[Start of Attachment]
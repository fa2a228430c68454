-- ===== src/Strings/Search.antt =====
-- The searches in e_string.h that strings and dynamic strings share.
use eel.Prelude.{
  ℕ, zero, suc, ◌+◌, ◌-◌, ◌<◌, ◌≡◌, refl, sym, ap, ◌∙◌, inl, inr, true, false, Option, none, some,
  List, [], ◌∷◌, leb, length, drop, arith, Bool-cases, ◌↔◌,
}
use eel.Prelude.Int.{pos, negsuc}
use eel.Strings.{starts, str_in_loop, s_str_in, s_cmp}

-- `str2` begins at position `i` of `str`.
abbrev pub At : List ℕ → List ℕ → ℕ → Type 0
At str str2 i = starts str2 (drop i str) ≡ true

drop-drop : (n : ℕ) (str : List ℕ) → drop n (drop 1 str) ≡ drop (suc n) str
drop-drop zero [] = refl
drop-drop (suc n) [] = refl
drop-drop n (x ∷ str) = refl

-- No position before `n` is one where `str2` begins.
abbrev pub NoneBefore : ℕ → List ℕ → List ℕ → Type 0
NoneBefore n str str2 = (k : ℕ) → k < n → starts str2 (drop k str) ≡ false

NoneBefore-suc :
    (n : ℕ) (str str2 : List ℕ)
    → starts str2 str ≡ false
    → NoneBefore n (drop 1 str) str2
    → NoneBefore (suc n) str str2
NoneBefore-suc n str str2 e h zero lt = e
NoneBefore-suc n str str2 e h (suc k) lt =
    ap (starts str2) (sym (drop-drop k str)) ∙ h k (omega arith)

loop_hit :
    (rounds i : ℕ) (str str2 : List ℕ)
    → starts str2 str ≡ true
    → str_in_loop (suc rounds) i str str2 ≡ some i
unfolding str_in_loop
loop_hit rounds i str str2 e = rw (str_in_loop, e) refl

loop_miss :
    (rounds i : ℕ) (str str2 : List ℕ)
    → starts str2 str ≡ false
    → str_in_loop (suc rounds) i str str2 ≡ str_in_loop rounds (i + 1) (drop 1 str) str2
unfolding str_in_loop
loop_miss rounds i str str2 e = rw (str_in_loop, e) refl

-- The first of the positions that the loop tries, `i` being the number of the first.
abbrev pub Finds : ℕ → ℕ → List ℕ → List ℕ → ℕ → Type 0
Finds rounds i str str2 j =
    (d : ℕ) × (j ≡ i + d) × (d < rounds) × At str str2 d × NoneBefore d str str2

str_in_loop-Finds :
    (rounds i : ℕ) (str str2 : List ℕ) (j : ℕ)
    → str_in_loop rounds i str str2 ≡ some j
    → Finds rounds i str str2 j
unfolding str_in_loop
str_in_loop-Finds zero i str str2 j e = absurd (ground (arith, e))
str_in_loop-Finds (suc rounds) i str str2 j e = elim (Bool-cases (starts str2 str)) [
  | inl hit ↦
      let same : i ≡ j = ground (arith, sym (loop_hit rounds i str str2 hit) ∙ e) in
      (0, omega arith, omega arith, hit, λ k lt. absurd (omega arith))
  | inr miss ↦
      let (d, at, lt, found, first) =
        str_in_loop-Finds rounds (i + 1) (drop 1 str) str2 j
          (sym (loop_miss rounds i str str2 miss) ∙ e) in
      (
        suc d,
        omega arith,
        omega arith,
        ap (starts str2) (sym (drop-drop d str)) ∙ found,
        NoneBefore-suc d str str2 miss first,
      )
]

str_in_loop-NoneBefore :
    (rounds i : ℕ) (str str2 : List ℕ)
    → str_in_loop rounds i str str2 ≡ none
    → NoneBefore rounds str str2
str_in_loop-NoneBefore zero i str str2 e = λ k lt. absurd (omega arith)
str_in_loop-NoneBefore (suc rounds) i str str2 e = elim (Bool-cases (starts str2 str)) [
  | inl hit ↦ absurd (ground (arith, sym (loop_hit rounds i str str2 hit) ∙ e))
  | inr miss ↦ NoneBefore-suc rounds str str2 miss (
      str_in_loop-NoneBefore rounds (i + 1) (drop 1 str) str2
        (sym (loop_miss rounds i str str2 miss) ∙ e))
]

-- What a search for `str2` answers: the first position where it begins, or that there is none, as far
-- as `str2` ends before the last character of `str`.
abbrev pub Answers : List ℕ → List ℕ → Option ℕ → Type 0
Answers str str2 (some j) = (j + length str2 < length str) × At str str2 j × NoneBefore j str str2
Answers str str2 none = NoneBefore (length str - length str2) str str2

-- `eel_s_str_in` finds the first place where the one string begins in the other, but of the places
-- that it tries the last one is left out: an occurrence that ends where the other string ends is
-- never found.
pub s_str_in-Answers : (str str2 : List ℕ) → Answers str str2 (s_str_in str str2)
unfolding s_str_in
s_str_in-Answers str str2 = elim (Bool-cases (leb (length str2) (length str))) [
  | inl fits ↦
      rw (s_str_in, fits) (answers (str_in_loop (length str - length str2) 0 str str2) refl)
  | inr long ↦ rw (s_str_in, long) (λ k lt. absurd (ground arith))
]
  where
    answers :
        (r : Option ℕ) → str_in_loop (length str - length str2) 0 str str2 ≡ r → Answers str str2 r
    answers none e = str_in_loop-NoneBefore (length str - length str2) 0 str str2 e
    answers (some j) e =
        let (d, at, lt, found, first) =
          str_in_loop-Finds (length str - length str2) 0 str str2 j e in
        let same : d ≡ j = omega arith in (omega arith, rw (← same) found, rw (← same) first)

-- A string is not found in itself.
pub s_str_in_self : (str : List ℕ) → s_str_in str str ≡ none
unfolding s_str_in str_in_loop
s_str_in_self str =
    let fits : leb (length str) (length str) ≡ true = ground arith in
    let rounds : length str - length str ≡ 0 = omega arith in rw (fits, rounds) refl

-- `eel_s_cmp` over the whole of two strings of one length is 0 just for equal strings, and exchanging
-- the strings exchanges the sign.
pub s_cmp_lem :
    (a b : List ℕ)
    → length a ≡ length b
    → ((s_cmp a b (length a) ≡ pos 0) ↔ (a ≡ b))
      × ((s_cmp a b (length a) ≡ pos 1) ↔ (s_cmp b a (length a) ≡ negsuc 0))
unfolding s_cmp
s_cmp_lem [] [] e = ground arith
s_cmp_lem [] (y ∷ b) e = absurd (omega (arith, e))
s_cmp_lem (x ∷ a) [] e = absurd (omega (arith, e))
s_cmp_lem (x ∷ a) (y ∷ b) e = let rec = s_cmp_lem a b (omega (arith, e)) in ground (arith, rec)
[End of Attachment]
## Exercise requirements
Above are the records; from them, give again exactly the lines from the one containing "miss ↦ NoneBefore-suc" through the one containing "Answers str str2 none", both included.

## Response to the exercise
  | inr miss ↦ NoneBefore-suc rounds str str2 miss (
      str_in_loop-NoneBefore rounds (i + 1) (drop 1 str) str2
        (sym (loop_miss rounds i str str2 miss) ∙ e))
]

-- What a search for `str2` answers: the first position where it begins, or that there is none, as far
-- as `str2` ends before the last character of `str`.
abbrev pub Answers : List ℕ → List ℕ → Option ℕ → Type 0
Answers str str2 (some j) = (j + length str2 < length str) × At str str2 j × NoneBefore j str str2
Answers str str2 none = NoneBefore (length str - length str2) str str2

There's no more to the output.